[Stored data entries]
========================================================================

-- ===== src/Data/Identity/Next.antt =====
-- data/store.c: the identity behind `updt_next_identity`.
use cbank_system.Prelude.{
  suc, ◌+◌, ◌≤◌, ◌<◌, ◌≡◌, refl, ap, subst, Bool, true, false, List, [], ◌∷◌, map, some, length,
  if◌then◌else◌, All, arith, Bool-cases, inl, inr,
}
use cbank_system.Prelude.Ret.{ok, ◌>>=◌}
use cbank_system.Text.{Bytes, bytes_eq, bytes_eq_refl, print_nat}
use cbank_system.Orm.Files.{Files, put_file, contents_of}
use cbank_system.Orm.Filtering.{Doubles}
use cbank_system.Orm.Table.Append.{equals}
use cbank_system.Data.Identity.{db_id_tracker_section, get_next_identity, updt_next_identity}
use cbank_system.Data.Fields.{int_max}
use cbank_system.Data.Identity.Update.{bump, updt_next_identity-tracker_text}
use cbank_system.Data.Identity.Tracker.{Identity, tracker_text, IsIdentity}
use cbank_system.Data.Identity.Query.{entries_of, first_identity}

-- A number that can be counted up once more.
abbrev pub HasNext : Identity → Type 0
HasNext e = e.cur_id + 1 < int_max

pub bump-IsIdentity :
    (store_name : Bytes) (e : Identity) → IsIdentity e → HasNext e → IsIdentity (bump store_name e)
unfolding bump
bump-IsIdentity store_name e (filled, equals, semi, nl, short, small) next =
    (filled, equals, semi, nl, short, ground arith)

pub bumped-IsIdentity :
    (store_name : Bytes) (entries : List Identity)
    → All IsIdentity entries
    → All HasNext entries
    → All IsIdentity (map (bump store_name) entries)
bumped-IsIdentity store_name [] h next = tt
bumped-IsIdentity store_name (e ∷ entries) (he, h) (n, next) =
    (bump-IsIdentity store_name e he n, bumped-IsIdentity store_name entries h next)

map-if :
    (f : Identity → Identity) (b : Bool) (e : Identity) (entries : List Identity)
    → (if b then f e ∷ map f entries else map f entries)
      ≡ map f (if b then e ∷ entries else entries)
map-if f true e entries = refl
map-if f false e entries = refl

pub entries_of-bump :
    (store_name bumped : Bytes) (entries : List Identity)
    → entries_of store_name (map (bump bumped) entries)
      ≡ map (bump bumped) (entries_of store_name entries)
unfolding entries_of bump
entries_of-bump store_name bumped [] = refl
entries_of-bump store_name bumped (e ∷ entries) =
    rw (entries_of-bump store_name bumped entries)
      (map-if (bump bumped) (bytes_eq e.name store_name) e (entries_of store_name entries))

pub length-bumped :
    (store_name : Bytes) (entries : List Identity)
    → length (map (bump store_name) entries) ≡ length entries
length-bumped store_name [] = refl
length-bumped store_name (e ∷ entries) = ap suc (length-bumped store_name entries)

-- The first entry of a store belongs to it, and is one of the tracker's.
pub entries_of-first :
    (store_name : Bytes) (entries more : List Identity) (e : Identity)
    → All IsIdentity entries
    → All HasNext entries
    → entries_of store_name entries ≡ e ∷ more
    → IsIdentity e × HasNext e × (bytes_eq e.name store_name ≡ true)
unfolding entries_of
entries_of-first store_name [] more e h next first = cc
entries_of-first store_name (e' ∷ entries) more e (he, h) (n, next) first =
    elim (Bool-cases (bytes_eq e'.name store_name)) [
      | inl f ↦
          let first' = rw f at first in
          let same : e' ≡ e = cc in
          subst (λ (x : Identity). IsIdentity x × HasNext x × (bytes_eq x.name store_name ≡ true))
            same (he, n, f)
      | inr f ↦ entries_of-first store_name entries more e h next (rw f at first)
    ]

-- A tracker of stores, whose numbers can all be counted up, hands out the number of the first entry
-- of a store; and behind `updt_next_identity` for that store it hands out the next number.
pub get_next_identity-updt_next_identity :
    (d : Doubles) (files : Files) (store_name : Bytes) (entries more : List Identity) (e : Identity)
    → files db_id_tracker_section ≡ some (tracker_text entries)
    → All IsIdentity entries
    → All HasNext entries
    → length (entries_of store_name entries) ≤ 100
    → entries_of store_name entries ≡ e ∷ more
    → (get_next_identity d files store_name 50 ≡ ok (print_nat e.cur_id))
      × ((updt_next_identity files store_name
            >>= (λ files'. get_next_identity d files' store_name 50))
          ≡ ok (print_nat (suc e.cur_id)))
get_next_identity-updt_next_identity d files store_name entries more e at h next few first =
    let (he, n, owns) = entries_of-first store_name entries more e h next first in
    let bumped = map (bump store_name) entries in
    let files' = put_file files db_id_tracker_section (tracker_text bumped) in
    let later =
      first_identity d files' store_name bumped (map (bump store_name) more) (bump store_name e)
        (rw (bytes_eq_refl db_id_tracker_section) refl)
        (bumped-IsIdentity store_name entries h next) (bump-IsIdentity store_name e he n)
        (rw
          (
            entries_of-bump store_name store_name entries,
            length-bumped store_name (entries_of store_name entries),
          )
          few)
        (rw (entries_of-bump store_name store_name entries, first) refl) in
    (
      first_identity d files store_name entries more e at h he few first,
      rw (updt_next_identity-tracker_text files store_name entries (rw (at, contents_of) refl) h)
          (unfold bump in rw owns at later),
    )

========================================================================

## ACTIVITY:
Lines that contain "List" are the result; find them in the entries above and copy each one.

## ANSWER TO THE PROBLEM:
  suc, ◌+◌, ◌≤◌, ◌<◌, ◌≡◌, refl, ap, subst, Bool, true, false, List, [], ◌∷◌, map, some, length,
    (store_name : Bytes) (entries : List Identity)
    (f : Identity → Identity) (b : Bool) (e : Identity) (entries : List Identity)
    (store_name bumped : Bytes) (entries : List Identity)
    (store_name : Bytes) (entries : List Identity)
    (store_name : Bytes) (entries more : List Identity) (e : Identity)
    (d : Doubles) (files : Files) (store_name : Bytes) (entries more : List Identity) (e : Identity)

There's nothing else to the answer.